Prompt:
Scan the listing below. Report each line that includes "false".

--- START ---

-- ===== src/Auth.antt =====
-- app/services/auth_service.ts, app/services/user_service.ts, app/middleware/auth_middleware.ts and
-- the login of app/controllers/session_controller.ts: accounts, password resets and throttling.
-- Transactions lock the rows that they read, so each operation is one step. SHA-256, the password
-- hash and Unicode's lower case come from Node and its libraries: they are parameters.
pub mod Throttle
pub mod Reset
pub mod Revoke
pub mod Login
pub mod Session
mod Tests
use reeva.Prelude.{
  ℕ, ◌+◌, ◌≡◌, ◌<◌, ◌≤◌, Bool, true, false, not, ◌&&◌, ◌||◌, Option, none, some, List, [], ◌∷◌,
  ◌++◌, Text, lit, same, is_none, is_empty, leb, ltb, ◌==◌, if◌then◌else◌, find, exists, update,
  remove, length, trim, Result, ok, err, or_fail, require, ◌>>=◌, ◌>>◌,
}
use reeva.Model.{Uuid}

pub record User : Type 0 where
  pub id : Uuid
  pub email : Text
  pub full_name : Option Text
  pub password_hash : Text
  pub is_root : Bool
  pub is_active : Bool
  pub auth_version : ℕ
  pub deleted_at : Option ℕ

pub record ResetToken : Type 0 where
  pub id : Uuid
  pub email : Text
  pub token : Text
  pub expires_at : ℕ

pub record RateLimit : Type 0 where
  pub key : Text
  pub attempts : ℕ
  pub window_ends_at : ℕ

-- `remember_me_tokens`: the user that a remembered login belongs to
pub record Accounts : Type 0 where
  pub users : List User
  pub reset_tokens : List ResetToken
  pub remembered : List Uuid
  pub rate_limits : List RateLimit

pub data Error : Type 0 where
  invalid_token not_found self root password_length wrong_password name_too_long : Error

-- `createHash('sha256').update(…).digest('hex')`, the model's password hash and its check, and
-- `toLowerCase`
pub record Hashing : Type 0 where
  pub digest : Text → Text
  pub hash : Text → Text
  pub verify : Text → Text → Bool
  pub lower : Text → Text

-- A model query by id or by email: the row that is not soft-deleted
unfoldable pub find_user : Accounts → Uuid → Option User
find_user db id = find (λ (u : User). u.id == id && is_none u.deleted_at) db.users

unfoldable pub find_by_email : Accounts → Text → Option User
find_by_email db email = find (λ (u : User). same u.email email && is_none u.deleted_at) db.users

-- `user.save()`
unfoldable pub save : User → Accounts → Accounts
save u db = record db { users = update (λ (v : User). v.id == u.id) (λ v. u) db.users }

-- The `where` clauses of a look-up of a reset token
abbrev pub holds : Text → ℕ → ResetToken → Bool
holds token now r = same r.token token && ltb now r.expires_at

abbrev pub or_else {ℓ} : {A : Type ℓ} → Option A → Option A → Option A
or_else none b = b
or_else (some a) b = some a

-- `verifyResetToken`, also the two queries of `updatePasswordByToken`
unfoldable pub verify_reset_token : Hashing → Accounts → Text → ℕ → Option ResetToken
verify_reset_token h db token now =
    or_else (find (holds (h.digest token) now) db.reset_tokens)
      (find (holds token now) db.reset_tokens)

-- `sendPasswordResetLink`, over the setting that turns mail on, a fresh row id and the random token;
-- the mail itself is left out. A token lives for an hour.
unfoldable pub send_password_reset_link :
    Hashing → Bool → Accounts → Text → Uuid → Text → ℕ → Accounts
send_password_reset_link h mail_enabled db email fresh token now =
    elim (find_by_email db (trim email)) [
      | none ↦ db
      | some u ↦
          if mail_enabled && u.is_active
          then record db {
            reset_tokens =
                record {
                  id = fresh;
                  email = u.email;
                  token = h.digest token;
                  expires_at = now + 3600000;
                }
                ∷ remove (λ (r : ResetToken). same r.email u.email) db.reset_tokens;
          }
          else db
    ]

-- The user with a new password, in every place that sets one
abbrev pub with_password : Hashing → User → Text → User
with_password h u password = record u {
  password_hash = h.hash password;
  auth_version = u.auth_version + 1;
}

-- The deletes that follow such a save
unfoldable pub forget : User → Accounts → Accounts
forget u db = record db {
  reset_tokens = remove (λ (r : ResetToken). same r.email u.email) db.reset_tokens;
  remembered = remove (λ i. i == u.id) db.remembered;
}

-- `updatePasswordByToken`. The delete by primary key takes the one row that was just locked, so
-- its count is 1.
unfoldable pub update_password_by_token :
    Hashing → Accounts → Text → Text → ℕ → Result Error (User × Accounts)
update_password_by_token h db token password now = do
  r ← or_fail (verify_reset_token h db token now) invalid_token
  let db1 : Accounts = record db {
    reset_tokens = remove (λ (s : ResetToken). s.id == r.id) db.reset_tokens;
  }
  u ← or_fail (find_by_email db1 r.email) not_found
  require u.is_active invalid_token
  ok (with_password h u password, forget u (save (with_password h u password) db1))

-- `resetPassword` of the user service, over the random password
unfoldable pub reset_password :
    Hashing → Accounts → Uuid → Uuid → Text → Result Error (User × Accounts)
reset_password h db id current password = do
  u ← or_fail (find_user db id) not_found
  require (not (u.id == current)) self
  require (not u.is_root) root
  ok (with_password h u password, forget u (save (with_password h u password) db))

-- `toggleActiveUser`
unfoldable pub toggle_active_user : Accounts → Uuid → Uuid → Result Error (User × Accounts)
toggle_active_user db id current = do
  u ← or_fail (find_user db id) not_found
  require (not u.is_root) root
  require (not (u.id == current)) self
  let v : User = record u { is_active = not u.is_active; auth_version = u.auth_version + 1 }
  ok (v, save v db)

-- `changePassword`
unfoldable pub change_password :
    Hashing → Accounts → Uuid → Text → Text → Result Error (User × Accounts)
change_password h db id current password = do
  require (not (ltb (length password) 12 || ltb 128 (length password))) password_length
  u ← or_fail (find_user db id) not_found
  require (h.verify u.password_hash current) wrong_password
  ok (with_password h u password, forget u (save (with_password h u password) db))

-- `updateUser` and `updateProfile`, which are the same code
unfoldable pub update_user : Accounts → Uuid → Option Text → Result Error (User × Accounts)
update_user db id name = do
  require (not (elim name [ none ↦ false | some s ↦ ltb 255 (length s) ])) name_too_long
  u ← or_fail (find_user db id) not_found
  ok (record u { full_name = name }, save (record u { full_name = name }) db)

-- The outcome of the middleware for a request with a session
pub data Outcome : Type 0 where
  next stale disabled unauthenticated : Outcome

-- `session.get('authVersion') !== user.authVersion`
abbrev pub is_stale : Option ℕ → ℕ → Bool
is_stale none version = true
is_stale (some n) version = not (n == version)

abbrev pub outcome : Option User → Option ℕ → Outcome
outcome none version = unauthenticated
outcome (some u) version =
    if is_stale version u.auth_version then stale else if u.is_active then next else disabled

-- `handle` of the authentication middleware, over the user of the session and its `authVersion`
unfoldable pub handle : Accounts → Uuid → Option ℕ → Outcome
handle db id version = outcome (find_user db id) version

-- The two actions that are throttled
pub data Action : Type 0 where
  login password_reset : Action

abbrev pub action_text : Action → Text
action_text login = lit "login"
action_text password_reset = lit "password-reset"

abbrev pub ip_limit : Action → ℕ
ip_limit login = 30
ip_limit password_reset = 20

abbrev pub identity_limit : Action → ℕ
identity_limit login = 8
identity_limit password_reset = 5

-- `rateLimitKey`
unfoldable pub rate_limit_key : Hashing → Action → Text → Text → Text
rate_limit_key h action subject value =
    h.digest (action_text action ++ lit ":" ++ subject ++ lit ":" ++ value)

abbrev pub ip_key : Hashing → Action → Text → Text
ip_key h action ip = rate_limit_key h action (lit "ip") ip

abbrev pub normalized : Hashing → Text → Text
normalized h identity = h.lower (trim identity)

abbrev pub identity_key : Hashing → Action → Text → Text
identity_key h action identity =
    rate_limit_key h action (lit "identity")
      (if is_empty (normalized h identity) then lit "missing" else normalized h identity)

-- The row after one more attempt
abbrev pub bump : RateLimit → ℕ → RateLimit
bump r now =
    if leb r.window_ends_at now
    then record r { attempts = 1; window_ends_at = now + 60000 }
    else record r { attempts = r.attempts + 1 }

-- `incrementCounter`: the upsert on the unique `key`, and the attempts that it returns
unfoldable pub increment : Text → ℕ → List RateLimit → List RateLimit
increment key now [] = record { key = key; attempts = 1; window_ends_at = now + 60000 } ∷ []
increment key now (r ∷ rows) =
    if same r.key key then bump r now ∷ rows else r ∷ increment key now rows

abbrev pub counted : Option RateLimit → ℕ
counted none = 0
counted (some r) = r.attempts

unfoldable pub attempts_of : Text → List RateLimit → ℕ
attempts_of key rows = counted (find (λ (r : RateLimit). same r.key key) rows)

-- The delete of the rows whose window is over
unfoldable pub sweep : ℕ → List RateLimit → List RateLimit
sweep now = remove (λ (r : RateLimit). leb r.window_ends_at now)

-- `isAuthRequestThrottled`
unfoldable pub is_auth_request_throttled :
    Hashing → Action → Text → Text → ℕ → List RateLimit → Bool × List RateLimit
is_auth_request_throttled h action ip identity now rows =
    let rows1 = increment (ip_key h action ip) now rows in
    let rows2 = increment (identity_key h action identity) now rows1 in
    if ltb (ip_limit action) (attempts_of (ip_key h action ip) rows1)
    then (true, sweep now rows1)
    else (
      ltb (identity_limit action) (attempts_of (identity_key h action identity) rows2),
      sweep now rows2,
    )

-- `clearLoginAttempts`
unfoldable pub clear_login_attempts : Hashing → Text → Text → List RateLimit → List RateLimit
clear_login_attempts h ip identity = remove (λ (r : RateLimit).
    same r.key (ip_key h login ip) || same r.key (identity_key h login identity))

--- END ---

Result of the task:
  ℕ, ◌+◌, ◌≡◌, ◌<◌, ◌≤◌, Bool, true, false, not, ◌&&◌, ◌||◌, Option, none, some, List, [], ◌∷◌,
  require (not (elim name [ none ↦ false | some s ↦ ltb 255 (length s) ])) name_too_long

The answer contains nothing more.